Plankton vary in size from less than a micron to over a meter (>6 orders of magnitude variability) in size and come from all major domains and many phyla. With this incredible taxonomic diversity comes a similar diversity in trophic modes and hence ecosystem structures. Biogeochemists tend to focus solely on the total primary productivity of an ecosystem or the proportion of primary productivity stemming from large phytoplankton. However, the productivity and efficiency of an ecosystem is often determined by a complex interplay between phytoplankton, grazing pressure, bacterial remineralization, and various biotic and abiotic particle packaging and disaggregating mechanisms.
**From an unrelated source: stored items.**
-- ===== src/Engine/Sites/Steps.antt =====
-- What is kept by the report of a strategy and by a change of the fetches is kept by the end of a
-- fetch, in native/engine/site_scraper.cpp.
use rats_search_tui.Base.{
  ltb_ℤ, pos, not, ◌&&◌, ◌++◌, List, Option, none, some, Text, codes, to_string, if_intro,
}
use rats_search_tui.Domain.Json.{JsonOps}
use rats_search_tui.Engine.Sites.Html.{Pcre2}
use rats_search_tui.Engine.Sites.Pages.{
  TrackerSiteInfo, nothing_on, nyaa, parse_nyaa_search_html, parse_nyaa_view_html,
}
use rats_search_tui.Engine.Sites.{
  Page, rutracker_page, nyaa_search_page, nyaa_view_page, Fetch, HttpResult, Sites,
  url_path_starts_with, on_strategy_complete, scrape_nyaa_view_page, nyaa_found, fetched, end_fetch,
}

module _ (json : JsonOps) (pcre2 : Pcre2) (P : Sites json.Json → Type 0)
    (reports : (hash : Text) (info : TrackerSiteInfo) (s : Sites json.Json)
      → P s
      → P (on_strategy_complete json hash info s))
    (refetches : (fs : List Fetch) (s : Sites json.Json)
      → P s
      → P (record s { fetches = fs })) where
  view_page-keeps :
      (hash url : Text) (s : Sites json.Json) → P s → P (scrape_nyaa_view_page json hash url s)
  unfolding scrape_nyaa_view_page
  view_page-keeps hash url s v =
      if_intro P s.stopping (reports hash (nothing_on nyaa) s v) (refetches _ s v)

  nyaa_found-keeps :
      (hash : Text) (res : HttpResult) (s : Sites json.Json)
      → P s
      → P (nyaa_found json pcre2 hash res s)
  unfolding nyaa_found
  nyaa_found-keeps hash res s v =
      let found = parse_nyaa_search_html pcre2 res.body in
      let done = λ (info : TrackerSiteInfo). reports hash info s v in
      if_intro P (not res.ok) (done (nothing_on nyaa)) (
        if_intro P (url_path_starts_with res.final_url (codes "/view/"))
          (done (parse_nyaa_view_html pcre2 res.body))
          (if_intro P (found.success && ltb_ℤ (pos 0) found.thread_id)
            (view_page-keeps hash (codes "https://nyaa.si/view/" ++ to_string found.thread_id) s v)
            (if_intro P found.success (done found) (done (nothing_on nyaa)))))

  fetched-keeps :
      (page : Page) (hash : Text) (res : HttpResult) (s : Sites json.Json)
      → P s
      → P (fetched json pcre2 page hash res s)
  unfolding fetched
  fetched-keeps rutracker_page hash res s v = reports hash _ s v
  fetched-keeps nyaa_search_page hash res s v = nyaa_found-keeps hash res s v
  fetched-keeps nyaa_view_page hash res s v = reports hash _ s v

  pub end_fetch-keeps :
      (res : HttpResult) (o : Option (Fetch × List Fetch)) (s : Sites json.Json)
      → P s
      → P (end_fetch json pcre2 res o s)
  unfolding end_fetch
  end_fetch-keeps res none s v = v
  end_fetch-keeps res (some (f, rest)) s v =
      fetched-keeps f.page f.hash res (record s { fetches = rest }) (refetches rest s v)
For instance, an ephemeral bloom of a single salp species can shift an oligotrophic system from an almost completely recycling regime to a high export regime. Similarly, top-down grazing pressure from krill swarms can terminate diatom bloom formation, leading to transitory increases in export, but an overall decrease in total export due to the decreased bloom formation. Meanwhile, particle aggregation and remineralization by particle-attached protists and bacteria may control fluxes into the deep ocean.

 

Unraveling these relationships is a complex task. My research involves the use of simple trophic models to synthesize in situ rate measurements. Recently, I have focused on the effects of alternate grazing pathways on ecosystem efficiency. In the California Current Ecosystem, Gulf of Mexico, and Costa Rica upwelling dome, my collaborators and I have simultaneously measured taxon-specific phytoplankton growth rates, losses to protozoans and mesozooplankton, and POC export. We can then estimate fecal pellet production - a potentially dominant component of sinking particles - if we assume a fixed efficiency for protozoans and that protozoan production is consumed by mesozooplankton. Such simple relationships can be a powerful hypothesis-testing tool when combined with in situ measurements, but are critically dependent on the efficiency of the protozoan community (which in turn depends on both gross growth efficiency of individual organisms and the number of trophic steps within the protozoa).

 

Plankton trophic dynamics are further complicated by the incredible overlap of different 'trophic levels'. For instance larval, crustaceans may be preyed upon by the ciliates that serve as food for their adult stages. Mixotrophic 'phytoplankton' can supplement their energy or nutrient requirements by preying upon smaller phytoplankton and bacteria - and in the process cull their competitors. Kleptoplastidic ciliates ingest phytoplankton in order to maintain their chloroplasts and become de facto phytoplankton themselves, while diatom-diazotroph assemblages harbor endosymbiotic prokaryotes capable of fixing dinitrogen for their hosts. These and many other examples highlight the complexity of the marine microbial community, which simultaneously makes determining biogeochemical functions difficult and serves as a fascinating laboratory for studying ecological interactions.